:: REQUIRED ACTION ::
Every line below that holds the string "arrived" must be copied.
[[ DATASET ENTRIES, beginning ]]
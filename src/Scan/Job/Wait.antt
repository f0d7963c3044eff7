-- ===== src/Scan/Job/Wait.antt =====
-- The wait for the first rows: what a page that has begun is like, and what is left of a failed job.
use mathlib.Core.Path.{subst}
use pantum_open.Base.{
  ℕ, zero, suc, ◌+◌, ◌*◌, ◌≤◌, ◌≡◌, refl, sym, ap, ap₂, ◌∙◌, Bool, true, false, ◌&&◌, Option, none,
  some, List, [], ◌∷◌, length, concat, All, length-append, if-cases, arith, inl, inr, ◌⊎◌,
}
use pantum_open.Scan.Status.{Status, good}
use pantum_open.Scan.Usb.{Wire}
use pantum_open.Scan.Frame.{if_good-cases}
use pantum_open.Scan.Window.{Parameters}
use pantum_open.Scan.Handle.{Handle}
use pantum_open.Scan.Image.{IsQueue, IsReady, unread}
use pantum_open.Scan.Session.{unlock_device-handle}
use pantum_open.Scan.Job.Pump.{Env, Pumping, pump_frame}
use pantum_open.Scan.Job.Start.{Running, awaits, is_none, torn_down, await_first_rows}
use pantum_open.Scan.Job.Settled.{IsSettled, Fixed, fixed}
use pantum_open.Scan.Job.Frames.{IsEnv, PumpDone, pump_frame-PumpDone}
use pantum_open.Scan.Job.Pages.{IsSheet}

-- No job runs, the device is unlocked, and no page is to follow.
pub record IsIdle (h : Handle) : Type 0 where
  pub scanning : h.scanning ≡ false
  pub locked : h.locked ≡ false
  pub feeding : h.feeding ≡ false

-- A page is being read, and `given` bytes of it have been handed out.
pub record IsReading (given : ℕ) (h : Handle) : Type 0 where
  pub sheet : IsSheet h.params
  pub queue : IsQueue h.out
  pub settled : IsSettled h
  pub within : h.next_row ≤ h.params.lines
  pub running : (h.scanning ≡ true) ⊎ (h.eof ≡ true)
  pub over : h.eof ≡ true → h.params.lines ≤ h.next_row
  pub count : given + length (unread h.out) ≡ h.next_row * h.params.bytes_per_line

pub IsReading-IsReady : (given : ℕ) (h : Handle) → IsReading given h → IsReady h
IsReading-IsReady given h i = record { page = i.sheet.page; queue = i.queue }

length-concat :
    (n : ℕ) (rows : List (List ℕ))
    → All (λ (r : List ℕ). length r ≡ n) rows
    → length (concat rows) ≡ length rows * n
length-concat n [] a = omega arith
length-concat n (row ∷ rows) a =
    omega (arith, length-append row (concat rows), length-concat n rows a.1, a.0)

-- A frame that went well keeps the page going.
pub goes_on :
    (given : ℕ) (h : Handle) (r : Pumping)
    → IsReading given h
    → h.scanning ≡ true
    → PumpDone h r
    → r.0.status ≡ good
    → r.0.aborted ≡ none
    → IsReading given r.1
goes_on given h r i s d g n =
    let p : r.1.params ≡ h.params = ap (λ (k : Fixed). k.1) d.goes.same in
    let pl : r.1.params.lines ≡ h.params.lines = ap (λ (k : Parameters). k.lines) p in
    let pb : r.1.params.bytes_per_line ≡ h.params.bytes_per_line =
      ap (λ (k : Parameters). k.bytes_per_line) p in
    let a = d.goes.appended in
    let c : length (unread r.1.out)
        ≡ length (unread h.out) + length a.rows * h.params.bytes_per_line =
      ap length a.bytes
      ∙ length-append (unread h.out) (concat a.rows)
      ∙ ap (λ n. length (unread h.out) + n) (length-concat h.params.bytes_per_line a.rows a.full) in
    record {
      sheet = subst IsSheet (sym p) i.sheet;
      queue = d.goes.queue;
      settled = d.settled s i.settled;
      within = omega (arith, d.goes.within i.within, pl);
      running = d.alive g n s;
      over = λ e. elim (d.over g e) [
        | inl k ↦ omega (arith, i.over k, a.count, pl)
        | inr k ↦ omega (arith, k, pl)
      ];
      count = omega (arith, c, i.count, ap₂ (λ x y. x * y) a.count pb);
    }

-- Where a job that began as one that runs has got to.
pub record Awaited (h : Handle) (r : Running) : Type 0 where
  pub same : fixed r.2 ≡ fixed h
  pub queue : IsQueue r.2.out
  pub settled : IsSettled r.2
  pub begun : r.0 ≡ some good → r.1 ≡ none → IsReading 0 r.2
  pub aborted : (n : ℕ) → r.0 ≡ some good → r.1 ≡ some n → IsIdle r.2
  pub arrived : r.0 ≡ some good → awaits r.1 r.2 ≡ false
  pub failed : (st : Status) → ¬ (st ≡ good) → r.0 ≡ some st → IsIdle r.2

true≢false : ¬ (true ≡ false)
true≢false e = cc

pub IsSettled-IsIdle : (h : Handle) → IsSettled h → h.scanning ≡ false → IsIdle h
IsSettled-IsIdle h d s = record {
  scanning = s;
  locked = d.lock ∙ s;
  feeding = not_true h.feeding (λ f. true≢false (sym (d.feeds f) ∙ s));
}
  where
    not_true : (b : Bool) → ¬ (b ≡ true) → b ≡ false
    not_true true n = absurd (n refl)
    not_true false n = refl

-- Before a frame: the job runs on a page, or an abort has been reported and has ended it.
pub record Waits (aborted : Option ℕ) (h : Handle) : Type 0 where
  pub settled : IsSettled h
  pub queue : IsQueue h.out
  pub reading : aborted ≡ none → IsReading 0 h
  pub idle : (n : ℕ) → aborted ≡ some n → IsIdle h

stops :
    (aborted : Option ℕ) (h : Handle) (w : Wire)
    → Waits aborted h
    → awaits aborted h ≡ false
    → Awaited h (some good, aborted, h, w)
stops aborted h w i quiet = record {
  same = refl;
  queue = i.queue;
  settled = i.settled;
  begun = λ e n. i.reading n;
  aborted = λ n e k. i.idle n k;
  arrived = λ e. quiet;
  failed = λ st n e. absurd (n (sym (ap (λ o. elim o [ none ↦ good | some x ↦ x ]) e)));
}

not_yet :
    (aborted : Option ℕ) (h : Handle) (w : Wire) → Waits aborted h → Awaited h (none, aborted, h, w)
not_yet aborted h w i = record {
  same = refl;
  queue = i.queue;
  settled = i.settled;
  begun = λ e n. cc;
  aborted = λ n e k. cc;
  arrived = λ e. cc;
  failed = λ st n e. cc;
}

pub and_true : (a b : Bool) → (a && b) ≡ true → (a ≡ true) × (b ≡ true)
and_true true b e = (refl, e)
and_true false b e = cc

is_none-eq : (o : Option ℕ) → is_none o ≡ true → o ≡ none
is_none-eq none e = refl
is_none-eq (some n) e = cc

pub torn-IsIdle :
    (h : Handle) → IsIdle (record h { scanning = false; feeding = false; locked = false })
torn-IsIdle h = record { scanning = refl; locked = refl; feeding = refl }

pub IsIdle-IsSettled : (h : Handle) → IsIdle h → IsSettled h
IsIdle-IsSettled h i = record { lock = i.locked ∙ sym i.scanning; feeds = λ f. cc }

module _ (env : Env) (he : IsEnv env) where
  pub ended_early :
      (st : Status) (aborted : Option ℕ) (h h' : Handle) (w' : Wire)
      → ¬ (st ≡ good)
      → fixed h' ≡ fixed h
      → IsQueue h'.out
      → IsIdle h'
      → Awaited h (some st, aborted, h', w')
  ended_early st aborted h h' w' bad e q i = record {
    same = e;
    queue = q;
    settled = IsIdle-IsSettled h' i;
    begun = λ g n. absurd (bad (ap (λ o. elim o [ none ↦ good | some x ↦ x ]) g));
    aborted = λ n g k. absurd (bad (ap (λ o. elim o [ none ↦ good | some x ↦ x ]) g));
    arrived = λ g. absurd (bad (ap (λ o. elim o [ none ↦ good | some x ↦ x ]) g));
    failed = λ s n g. i;
  }

  torn-Awaited :
      (st : Status) (aborted : Option ℕ) (h h' : Handle) (w' : Wire)
      → ¬ (st ≡ good)
      → fixed h' ≡ fixed h
      → IsQueue h'.out
      → let (h'', w'') = torn_down env h' w' in Awaited h (some st, aborted, h'', w'')
  torn-Awaited st aborted h h' w' bad e q =
      subst (λ x. Awaited h (some st, aborted, x, (torn_down env h' w').1))
        (sym (unlock_device-handle env.device _ w'))
        (ended_early st aborted h _ _ bad e q (torn-IsIdle h'))

  pub from_Awaited : (h h' : Handle) (r : Running) → fixed h' ≡ fixed h → Awaited h' r → Awaited h r
  from_Awaited h h' r e a = record {
    same = a.same ∙ e;
    queue = a.queue;
    settled = a.settled;
    begun = a.begun;
    aborted = a.aborted;
    arrived = a.arrived;
    failed = a.failed;
  }

  next_Waits :
      (h : Handle) (r : Pumping)
      → IsReading 0 h
      → h.scanning ≡ true
      → PumpDone h r
      → r.0.status ≡ good
      → Waits r.0.aborted r.1
  next_Waits h r i s d g = record {
    settled = d.settled s i.settled;
    queue = d.goes.queue;
    reading = λ n. goes_on 0 h r i s d g n;
    idle = λ n e. IsSettled-IsIdle r.1 (d.settled s i.settled) (d.gone n e);
  }

  pub await_first_rows-Awaited :
      (frames : ℕ) (aborted : Option ℕ) (h : Handle) (w : Wire)
      → Waits aborted h
      → Awaited h (await_first_rows env frames aborted h w)
  unfolding await_first_rows
  await_first_rows-Awaited zero aborted h w i =
      if-cases (λ (o : Option Status). Awaited h (o, aborted, h, w)) (awaits aborted h) _ _
        (λ e. not_yet aborted h w i) (λ e. stops aborted h w i e)
  await_first_rows-Awaited (suc frames) aborted h w i =
      let r = pump_frame env false true h w in
      if-cases (Awaited h) (awaits aborted h) _ _
        (λ e.
          let (s, rest) = and_true _ _ e in
          let (quiet, _) = and_true _ _ (and_true _ _ rest).1 in
          let page = i.reading (is_none-eq aborted quiet) in
          let d = pump_frame-PumpDone env he false true h w (IsReading-IsReady 0 h page) in
          if_good-cases (Awaited h) r.0.status _ _
            (λ g.
              from_Awaited h r.1 _ d.goes.same
                (await_first_rows-Awaited frames r.0.aborted r.1 r.2 (next_Waits h r page s d g)))
            (λ n. torn-Awaited r.0.status r.0.aborted h r.1 r.2 n d.goes.same d.goes.queue))
        (λ e. stops aborted h w i e)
[[ DATASET ENTRIES, end ]]
:: RESPONSE BELOW ::
  pub arrived : r.0 ≡ some good → awaits r.1 r.2 ≡ false
  arrived = λ e. quiet;
  arrived = λ e. cc;
    arrived = λ g. absurd (bad (ap (λ o. elim o [ none ↦ good | some x ↦ x ]) g));
    arrived = a.arrived;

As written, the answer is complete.